Here is a listing. Write it out again without a single difference.

BEGIN Exercise data

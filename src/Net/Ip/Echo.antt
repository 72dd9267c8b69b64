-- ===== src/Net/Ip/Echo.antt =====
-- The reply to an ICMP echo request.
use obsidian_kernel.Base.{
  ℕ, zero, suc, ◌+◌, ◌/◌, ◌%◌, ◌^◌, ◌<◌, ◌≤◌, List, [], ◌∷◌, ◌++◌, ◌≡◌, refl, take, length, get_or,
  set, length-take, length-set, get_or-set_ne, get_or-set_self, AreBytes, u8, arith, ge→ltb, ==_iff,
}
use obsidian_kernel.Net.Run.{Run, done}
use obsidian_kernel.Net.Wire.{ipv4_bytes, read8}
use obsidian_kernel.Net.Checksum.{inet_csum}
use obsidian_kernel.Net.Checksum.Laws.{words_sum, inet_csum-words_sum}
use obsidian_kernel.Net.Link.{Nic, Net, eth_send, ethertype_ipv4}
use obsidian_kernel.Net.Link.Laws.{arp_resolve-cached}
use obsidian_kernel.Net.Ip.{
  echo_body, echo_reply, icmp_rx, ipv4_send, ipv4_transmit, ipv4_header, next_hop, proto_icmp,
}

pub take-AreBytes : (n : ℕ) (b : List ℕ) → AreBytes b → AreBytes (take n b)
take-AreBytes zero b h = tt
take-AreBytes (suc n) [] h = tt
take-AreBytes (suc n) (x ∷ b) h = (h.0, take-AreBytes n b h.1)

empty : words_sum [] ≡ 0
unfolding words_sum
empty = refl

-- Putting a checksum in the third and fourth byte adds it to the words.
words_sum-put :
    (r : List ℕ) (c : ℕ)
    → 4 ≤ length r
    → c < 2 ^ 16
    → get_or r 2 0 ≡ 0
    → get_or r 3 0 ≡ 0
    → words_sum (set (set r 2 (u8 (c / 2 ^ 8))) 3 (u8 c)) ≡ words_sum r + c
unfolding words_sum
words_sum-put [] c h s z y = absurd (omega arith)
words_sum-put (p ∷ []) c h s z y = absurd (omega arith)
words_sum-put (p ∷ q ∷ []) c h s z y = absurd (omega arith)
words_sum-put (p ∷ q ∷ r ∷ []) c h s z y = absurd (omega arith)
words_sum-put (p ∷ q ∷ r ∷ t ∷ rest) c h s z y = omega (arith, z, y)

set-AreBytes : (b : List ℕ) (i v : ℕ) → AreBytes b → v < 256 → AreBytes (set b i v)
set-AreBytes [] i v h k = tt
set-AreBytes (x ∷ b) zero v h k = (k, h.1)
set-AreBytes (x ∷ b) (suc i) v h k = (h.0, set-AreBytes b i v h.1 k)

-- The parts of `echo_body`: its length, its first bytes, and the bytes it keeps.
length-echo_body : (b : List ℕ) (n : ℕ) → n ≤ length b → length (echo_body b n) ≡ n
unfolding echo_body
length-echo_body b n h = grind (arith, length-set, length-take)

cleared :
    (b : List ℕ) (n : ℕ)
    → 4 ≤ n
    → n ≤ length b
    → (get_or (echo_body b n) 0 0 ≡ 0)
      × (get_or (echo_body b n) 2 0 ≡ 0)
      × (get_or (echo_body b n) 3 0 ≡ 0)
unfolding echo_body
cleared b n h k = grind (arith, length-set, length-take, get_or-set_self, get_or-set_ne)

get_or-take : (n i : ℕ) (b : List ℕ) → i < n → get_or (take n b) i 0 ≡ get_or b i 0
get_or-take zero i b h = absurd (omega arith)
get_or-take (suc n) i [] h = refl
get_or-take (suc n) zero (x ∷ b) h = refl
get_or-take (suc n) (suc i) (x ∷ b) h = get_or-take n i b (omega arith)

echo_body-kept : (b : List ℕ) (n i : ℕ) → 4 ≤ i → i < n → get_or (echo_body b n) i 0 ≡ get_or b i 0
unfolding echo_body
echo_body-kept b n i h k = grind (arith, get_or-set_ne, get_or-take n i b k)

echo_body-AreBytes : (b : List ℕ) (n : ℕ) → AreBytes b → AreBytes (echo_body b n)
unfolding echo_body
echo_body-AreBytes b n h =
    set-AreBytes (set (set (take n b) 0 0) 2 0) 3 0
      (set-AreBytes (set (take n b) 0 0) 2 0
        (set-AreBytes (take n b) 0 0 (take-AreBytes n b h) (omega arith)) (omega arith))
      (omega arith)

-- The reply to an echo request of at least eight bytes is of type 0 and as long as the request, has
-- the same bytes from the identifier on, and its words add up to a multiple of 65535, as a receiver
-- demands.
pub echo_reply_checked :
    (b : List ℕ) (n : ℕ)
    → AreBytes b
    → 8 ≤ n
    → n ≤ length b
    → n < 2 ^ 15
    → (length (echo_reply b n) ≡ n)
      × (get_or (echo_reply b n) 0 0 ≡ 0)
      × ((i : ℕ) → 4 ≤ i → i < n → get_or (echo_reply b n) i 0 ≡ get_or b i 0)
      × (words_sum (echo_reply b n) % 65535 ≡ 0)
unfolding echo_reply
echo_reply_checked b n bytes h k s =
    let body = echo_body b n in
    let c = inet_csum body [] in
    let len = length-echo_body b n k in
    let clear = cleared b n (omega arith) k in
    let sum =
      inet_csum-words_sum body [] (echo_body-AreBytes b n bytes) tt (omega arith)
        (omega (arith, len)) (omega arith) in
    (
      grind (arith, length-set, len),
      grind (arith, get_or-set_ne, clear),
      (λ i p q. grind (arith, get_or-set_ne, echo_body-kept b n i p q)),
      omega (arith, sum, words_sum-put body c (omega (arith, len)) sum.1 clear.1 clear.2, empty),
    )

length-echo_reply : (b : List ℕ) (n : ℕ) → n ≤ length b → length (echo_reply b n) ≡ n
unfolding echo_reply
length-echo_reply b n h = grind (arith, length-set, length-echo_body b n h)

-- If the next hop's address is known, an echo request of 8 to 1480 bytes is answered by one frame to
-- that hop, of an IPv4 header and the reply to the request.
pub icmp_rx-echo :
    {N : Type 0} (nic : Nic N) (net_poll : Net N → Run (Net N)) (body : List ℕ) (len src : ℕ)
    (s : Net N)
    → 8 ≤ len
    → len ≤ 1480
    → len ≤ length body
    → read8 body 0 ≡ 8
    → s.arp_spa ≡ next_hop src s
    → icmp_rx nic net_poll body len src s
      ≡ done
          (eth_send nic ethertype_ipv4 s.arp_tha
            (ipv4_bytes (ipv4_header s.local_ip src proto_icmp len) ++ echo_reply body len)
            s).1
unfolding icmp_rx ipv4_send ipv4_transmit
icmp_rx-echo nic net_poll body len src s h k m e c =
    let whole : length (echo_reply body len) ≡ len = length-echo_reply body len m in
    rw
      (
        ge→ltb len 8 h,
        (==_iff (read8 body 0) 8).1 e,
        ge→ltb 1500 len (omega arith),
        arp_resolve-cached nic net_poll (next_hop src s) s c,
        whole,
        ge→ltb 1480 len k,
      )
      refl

END Exercise data

Task response:
filename src/Net/Ip/Echo.antt
repository 72dd9267c8b69b64
-- ===== src/Net/Ip/Echo.antt =====
-- The reply to an ICMP echo request.
use obsidian_kernel.Base.{
  ℕ, zero, suc, ◌+◌, ◌/◌, ◌%◌, ◌^◌, ◌<◌, ◌≤◌, List, [], ◌∷◌, ◌++◌, ◌≡◌, refl, take, length, get_or,
  set, length-take, length-set, get_or-set_ne, get_or-set_self, AreBytes, u8, arith, ge→ltb, ==_iff,
}
use obsidian_kernel.Net.Run.{Run, done}
use obsidian_kernel.Net.Wire.{ipv4_bytes, read8}
use obsidian_kernel.Net.Checksum.{inet_csum}
use obsidian_kernel.Net.Checksum.Laws.{words_sum, inet_csum-words_sum}
use obsidian_kernel.Net.Link.{Nic, Net, eth_send, ethertype_ipv4}
use obsidian_kernel.Net.Link.Laws.{arp_resolve-cached}
use obsidian_kernel.Net.Ip.{
  echo_body, echo_reply, icmp_rx, ipv4_send, ipv4_transmit, ipv4_header, next_hop, proto_icmp,
}

pub take-AreBytes : (n : ℕ) (b : List ℕ) → AreBytes b → AreBytes (take n b)
take-AreBytes zero b h = tt
take-AreBytes (suc n) [] h = tt
take-AreBytes (suc n) (x ∷ b) h = (h.0, take-AreBytes n b h.1)

empty : words_sum [] ≡ 0
unfolding words_sum
empty = refl

-- Putting a checksum in the third and fourth byte adds it to the words.
words_sum-put :
    (r : List ℕ) (c : ℕ)
    → 4 ≤ length r
    → c < 2 ^ 16
    → get_or r 2 0 ≡ 0
    → get_or r 3 0 ≡ 0
    → words_sum (set (set r 2 (u8 (c / 2 ^ 8))) 3 (u8 c)) ≡ words_sum r + c
unfolding words_sum
words_sum-put [] c h s z y = absurd (omega arith)
words_sum-put (p ∷ []) c h s z y = absurd (omega arith)
words_sum-put (p ∷ q ∷ []) c h s z y = absurd (omega arith)
words_sum-put (p ∷ q ∷ r ∷ []) c h s z y = absurd (omega arith)
words_sum-put (p ∷ q ∷ r ∷ t ∷ rest) c h s z y = omega (arith, z, y)

set-AreBytes : (b : List ℕ) (i v : ℕ) → AreBytes b → v < 256 → AreBytes (set b i v)
set-AreBytes [] i v h k = tt
set-AreBytes (x ∷ b) zero v h k = (k, h.1)
set-AreBytes (x ∷ b) (suc i) v h k = (h.0, set-AreBytes b i v h.1 k)

-- The parts of `echo_body`: its length, its first bytes, and the bytes it keeps.
length-echo_body : (b : List ℕ) (n : ℕ) → n ≤ length b → length (echo_body b n) ≡ n
unfolding echo_body
length-echo_body b n h = grind (arith, length-set, length-take)

cleared :
    (b : List ℕ) (n : ℕ)
    → 4 ≤ n
    → n ≤ length b
    → (get_or (echo_body b n) 0 0 ≡ 0)
      × (get_or (echo_body b n) 2 0 ≡ 0)
      × (get_or (echo_body b n) 3 0 ≡ 0)
unfolding echo_body
cleared b n h k = grind (arith, length-set, length-take, get_or-set_self, get_or-set_ne)

get_or-take : (n i : ℕ) (b : List ℕ) → i < n → get_or (take n b) i 0 ≡ get_or b i 0
get_or-take zero i b h = absurd (omega arith)
get_or-take (suc n) i [] h = refl
get_or-take (suc n) zero (x ∷ b) h = refl
get_or-take (suc n) (suc i) (x ∷ b) h = get_or-take n i b (omega arith)

echo_body-kept : (b : List ℕ) (n i : ℕ) → 4 ≤ i → i < n → get_or (echo_body b n) i 0 ≡ get_or b i 0
unfolding echo_body
echo_body-kept b n i h k = grind (arith, get_or-set_ne, get_or-take n i b k)

echo_body-AreBytes : (b : List ℕ) (n : ℕ) → AreBytes b → AreBytes (echo_body b n)
unfolding echo_body
echo_body-AreBytes b n h =
    set-AreBytes (set (set (take n b) 0 0) 2 0) 3 0
      (set-AreBytes (set (take n b) 0 0) 2 0
        (set-AreBytes (take n b) 0 0 (take-AreBytes n b h) (omega arith)) (omega arith))
      (omega arith)

-- The reply to an echo request of at least eight bytes is of type 0 and as long as the request, has
-- the same bytes from the identifier on, and its words add up to a multiple of 65535, as a receiver
-- demands.
pub echo_reply_checked :
    (b : List ℕ) (n : ℕ)
    → AreBytes b
    → 8 ≤ n
    → n ≤ length b
    → n < 2 ^ 15
    → (length (echo_reply b n) ≡ n)
      × (get_or (echo_reply b n) 0 0 ≡ 0)
      × ((i : ℕ) → 4 ≤ i → i < n → get_or (echo_reply b n) i 0 ≡ get_or b i 0)
      × (words_sum (echo_reply b n) % 65535 ≡ 0)
unfolding echo_reply
echo_reply_checked b n bytes h k s =
    let body = echo_body b n in
    let c = inet_csum body [] in
    let len = length-echo_body b n k in
    let clear = cleared b n (omega arith) k in
    let sum =
      inet_csum-words_sum body [] (echo_body-AreBytes b n bytes) tt (omega arith)
        (omega (arith, len)) (omega arith) in
    (
      grind (arith, length-set, len),
      grind (arith, get_or-set_ne, clear),
      (λ i p q. grind (arith, get_or-set_ne, echo_body-kept b n i p q)),
      omega (arith, sum, words_sum-put body c (omega (arith, len)) sum.1 clear.1 clear.2, empty),
    )

length-echo_reply : (b : List ℕ) (n : ℕ) → n ≤ length b → length (echo_reply b n) ≡ n
unfolding echo_reply
length-echo_reply b n h = grind (arith, length-set, length-echo_body b n h)

-- If the next hop's address is known, an echo request of 8 to 1480 bytes is answered by one frame to
-- that hop, of an IPv4 header and the reply to the request.
pub icmp_rx-echo :
    {N : Type 0} (nic : Nic N) (net_poll : Net N → Run (Net N)) (body : List ℕ) (len src : ℕ)
    (s : Net N)
    → 8 ≤ len
    → len ≤ 1480
    → len ≤ length body
    → read8 body 0 ≡ 8
    → s.arp_spa ≡ next_hop src s
    → icmp_rx nic net_poll body len src s
      ≡ done
          (eth_send nic ethertype_ipv4 s.arp_tha
            (ipv4_bytes (ipv4_header s.local_ip src proto_icmp len) ++ echo_reply body len)
            s).1
unfolding icmp_rx ipv4_send ipv4_transmit
icmp_rx-echo nic net_poll body len src s h k m e c =
    let whole : length (echo_reply body len) ≡ len = length-echo_reply body len m in
    rw
      (
        ge→ltb len 8 h,
        (==_iff (read8 body 0) 8).1 e,
        ge→ltb 1500 len (omega arith),
        arp_resolve-cached nic net_poll (next_hop src s) s c,
        whole,
        ge→ltb 1480 len k,
      )
      refl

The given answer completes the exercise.